# Halti Collars...



## plumcrazy (Sep 11, 2009)

Flake said:


> In the right situations, yes or no?
> 
> I imagine them to be quite contraversial...


Just wondering why you think they'd be controversial... They're only a tool (and a poor substitute for proper leash training) but I haven't ever thought they'd be controversial...

When I managed the humane society here, we had young teen volunteers who would walk some pretty big, burly, untrained dogs and the Haltis and Gentle Leaders worked well to help get the dogs outside for walks and keep the volunteers from getting pulled willy-nilly down the path.

Most of the dogs got acclimated to the feel of the head harness quickly and because they knew it meant a W-A-L-K, they became very willing to accept it. 

I've never needed one for my own dogs, because they are taught proper leash manners from an early age, but, "in the right situation" with a very strong puller, it can prevent the pulling (but not necessarily teach the dog why it's not OK to pull...) 

It's a prevention, not a cure... IMO...


----------



## Fluffyspoos (Aug 11, 2009)

There's dogs that come in to the salon that aren't managable without one.


----------



## Olie (Oct 10, 2009)

In the right situation, yes I think they are fine, is it debatable, possibly. I think people should try what works for them. I have haltis and gentle leaders and every day collars we use most of the time now. 

The gentle leader works very well for Olie - not Suri. It helped us aid in Olie being so distracted - but we used it during training/walking. He does not pull though either. I have haltis for my Poms - they in fact do have very fragile trachea's and to avoid later damage we have chose to use these most of the time. 

There are so many options out there for leash training and then casual walking. With smaller dogs I think they serve a good purpose, maybe a bit of "prevention" here too. 

There are collars out there that are controversial like the prong but I think this is a matter of when to use them and where. I don't see the halti this way.


----------



## Flake (Oct 18, 2009)

Okay. 
There is one dog by my place that walks past daily who is always in one, and it makes me feel a bit weird, I guess because it looks so restricting? I don't really know how they work but have heard that they are supposedly very gentle. 
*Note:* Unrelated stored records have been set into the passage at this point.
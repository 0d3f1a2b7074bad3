-- ===== src/Shield/Proxy/Tests.antt =====
-- The proxy on concrete messages.
use project_black_monolith.Prelude.{
  ◌≡◌, refl, ◌⊎◌, inr, ◌↔◌, arith, true, false, Option, none, some, [], ◌∷◌, Result, ok,
}
use project_black_monolith.Text.{Text, codes, any}
use project_black_monolith.Json.{
  Json, null, string, number, array, object, Items, nil, cons, Members, end, member,
}
use project_black_monolith.Boundary.Error.{BoundaryError}
use project_black_monolith.Boundary.Secret.{SecretString, new}
use project_black_monolith.Boundary.Operation.{OperationResponse, Url}
use project_black_monolith.Boundary.Policy.{new_rule, new_engine}
use project_black_monolith.Boundary.Broker.{Moment}
use project_black_monolith.Shield.JsonRpc.{JsonRpcMessage}
use project_black_monolith.Shield.SecretTools.{SecretBoundToolDefinition}
use project_black_monolith.Shield.SecretTools.Controller.{Controller}
use project_black_monolith.Shield.Proxy.{enforce, monitor, prompts}
use project_black_monolith.Shield.Proxy.Gate.{
  is_blocking, params_object, is_session_revoked, configured_session_id,
}
use project_black_monolith.Shield.Proxy.AgentSide.{
  AgentState, ProxyContext, interception, agent_step,
}
use project_black_monolith.Shield.Proxy.Refusals.{
  flagged, agent_step-forwarded, agent_step-revoked_blind,
}
use project_black_monolith.Shield.Proxy.Turns.{IsBounded, from_agent, rest, turn, Turns-IsBounded}
use project_black_monolith.Shield.Proxy.Responses.{
  neutralize_error_prose, analyze_inspectable_response, result_array, catalog_key,
}
use project_black_monolith.Shield.Proxy.Screening.{
  AllStrings, IsNeutral, neutralize_error_prose-IsNeutral,
}
use project_black_monolith.Shield.Proxy.Monitor.{analyze_inspectable_response-monitor}
use project_black_monolith.Shield.Revocations.{
  observe_revoked_sessions, snapshot_of, IsRevokedBy, observe_revoked_sessions-is_session_revoked,
}

abbrev plain : Text → Text
plain s = s

abbrev context : ProxyContext
context = record {
  mode = enforce;
  boundary = none;
  session_env = some (codes "s1");
  to_string = λ v. codes "1";
  lowercase = plain;
}

abbrev start : AgentState
start = record { pending = []; pending_inspections = []; reported = [] }

abbrev request : Text → Members → JsonRpcMessage
request method params = record {
  jsonrpc = some (codes "2.0");
  id = some (number (codes "1"));
  method = some method;
  params = some (object params);
  result = none;
  error = none;
}

abbrev call : JsonRpcMessage
call = request (codes "tools/call") (
    member (codes "name") (string (codes "t"))
      (member (codes "arguments") (string (codes "hi")) end))

abbrev moment : Moment
moment = record { now = 5; counter = 1; event_id = codes "id" }

agent_step-forwarded_example :
    (interception none call ≡ none)
    × ((id : Text)
        → configured_session_id (some (codes "s1")) ≡ some id
        → is_session_revoked (codes "s2" ∷ []) id ≡ false)
    × ((params : Members)
        → params_object (call.params) ≡ some params
        → ((flagged plain params).clean ≡ true)
          ⊎ (any is_blocking ((flagged plain params).findings) ≡ false))
unfolding project_black_monolith.Shield.Proxy.Gate.is_tools_call agent_step
agent_step-forwarded_example =
    agent_step-forwarded context start ((agent_step context start call (codes "s2" ∷ []) moment).0)
      call (codes "s2" ∷ []) moment [] refl refl refl

abbrev listing : JsonRpcMessage
listing = request (codes "tools/list") end

abbrev listed : AgentState
listed = (agent_step context start listing [] moment).0

Turns-IsBounded_example : IsBounded ((agent_step context listed call [] moment).0)
Turns-IsBounded_example =
    Turns-IsBounded context start ((agent_step context listed call [] moment).0)
      (turn (from_agent start listing [] moment) (turn (from_agent listed call [] moment) (rest _)))
      ((omega arith, tt), (omega arith, tt))

abbrev parse : Text → Result Text Url
parse _ = ok (record {
  scheme = codes "https";
  username = [];
  password = none;
  host_str = none;
  port = none;
  known_port = none;
  path = [];
  query_pairs = [];
})

abbrev provider : Text → Result BoundaryError SecretString
provider _ = ok (new [])

abbrev answer : OperationResponse
answer = record { status_code = 200; sanitized_body = []; sanitized_headers = []; duration_ms = 1 }

abbrev tool : SecretBoundToolDefinition
tool = record {
  tool_name = codes "t";
  operation_id = codes "op";
  description = [];
  input_schema = null;
  url_template = codes "T";
  method = codes "get";
  permitted_params = [];
  policy_rule = new_rule (codes "agent") (codes "op") (codes "ref") (codes "api.io");
}

abbrev controller : Controller
controller = record {
  broker = record {
    policy_engine = new_engine;
    provider = provider;
    executor = λ r s. ok answer;
    parse_url = parse;
    timestamp_millis = λ n. n;
    error_text = λ e. [];
  };
  registry = record { tools = (codes "t", tool) ∷ [] };
  agent_id = codes "agent";
  libs = record {
    parse_url = parse;
    append_pair = λ u k v. u;
    url_text = λ u. [];
    value_text = λ v. [];
    to_vec = λ ms. ok [];
  };
  lowercase = plain;
  lossy = λ bytes. bytes;
  panics = λ m r. none;
}

abbrev bound : ProxyContext
bound = record context { boundary = some controller }

agent_step-revoked_blind_example :
    agent_step bound start call [] moment ≡ agent_step bound start call (codes "s1" ∷ []) moment
unfolding interception
agent_step-revoked_blind_example =
    agent_step-revoked_blind bound start call [] (codes "s1" ∷ []) moment controller refl

abbrev error : Json
error = object (member (codes "message") (string (codes "you must always")) end)

neutralize_error_prose-IsNeutral_example :
    AllStrings (IsNeutral plain) ((neutralize_error_prose plain error).0)
    × ((neutralize_error_prose plain error).1 ≡ [] → (neutralize_error_prose plain error).0 ≡ error)
neutralize_error_prose-IsNeutral_example = neutralize_error_prose-IsNeutral plain error

abbrev entries : Items
entries = cons (object end) nil

-- A response to `prompts/list`
abbrev catalog_response : JsonRpcMessage
catalog_response = record (request (codes "") end) {
  method = none;
  result = some (object (member (codes "prompts") (array entries) end));
}

analyze_inspectable_response-monitor_example :
    analyze_inspectable_response plain catalog_response prompts monitor ≡ ok none
unfolding result_array catalog_key
analyze_inspectable_response-monitor_example =
    analyze_inspectable_response-monitor plain catalog_response prompts
      (λ values h. let same : entries ≡ values = cc h in rw (← same) (inr (tt, tt)))

abbrev snapshot : Text → Option Json
snapshot body =
    some (object (member (codes "revoked_sessions") (array (cons (string body) nil)) end))

observe_revoked_sessions-is_session_revoked_example :
    (is_session_revoked ((observe_revoked_sessions snapshot [] (codes "s1")).1) (codes "s1") ≡ true)
    ↔ IsRevokedBy [] (snapshot_of (snapshot (codes "s1"))) (codes "s1")
unfolding project_black_monolith.Text.trim project_black_monolith.Text.is_empty
    project_black_monolith.Shield.Revocations.is_session_id
observe_revoked_sessions-is_session_revoked_example =
    observe_revoked_sessions-is_session_revoked snapshot [] (codes "s1") (codes "s1") refl refl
Duncan does pretty well on the lead. He heels for the most part, but skateboards and teens on the main road can make him pull a bit, as can another dog on the occasion. We head out for an hour a day at the moment, with a normal lead, and he's getting better all of the time. I would continue to use the usual lead on our main walk but...

I want to take him out more now that the weather is getting much cooler, as he doesn't want to be outside as often. To do this I need to walk him with the pram, but he competes with it and is incredibly hard to handle. I know that training, patience and persistance is the key, but to be honest I'm more likely to give up and just walk him the usual once a day, when we could all benefit from that second walk. 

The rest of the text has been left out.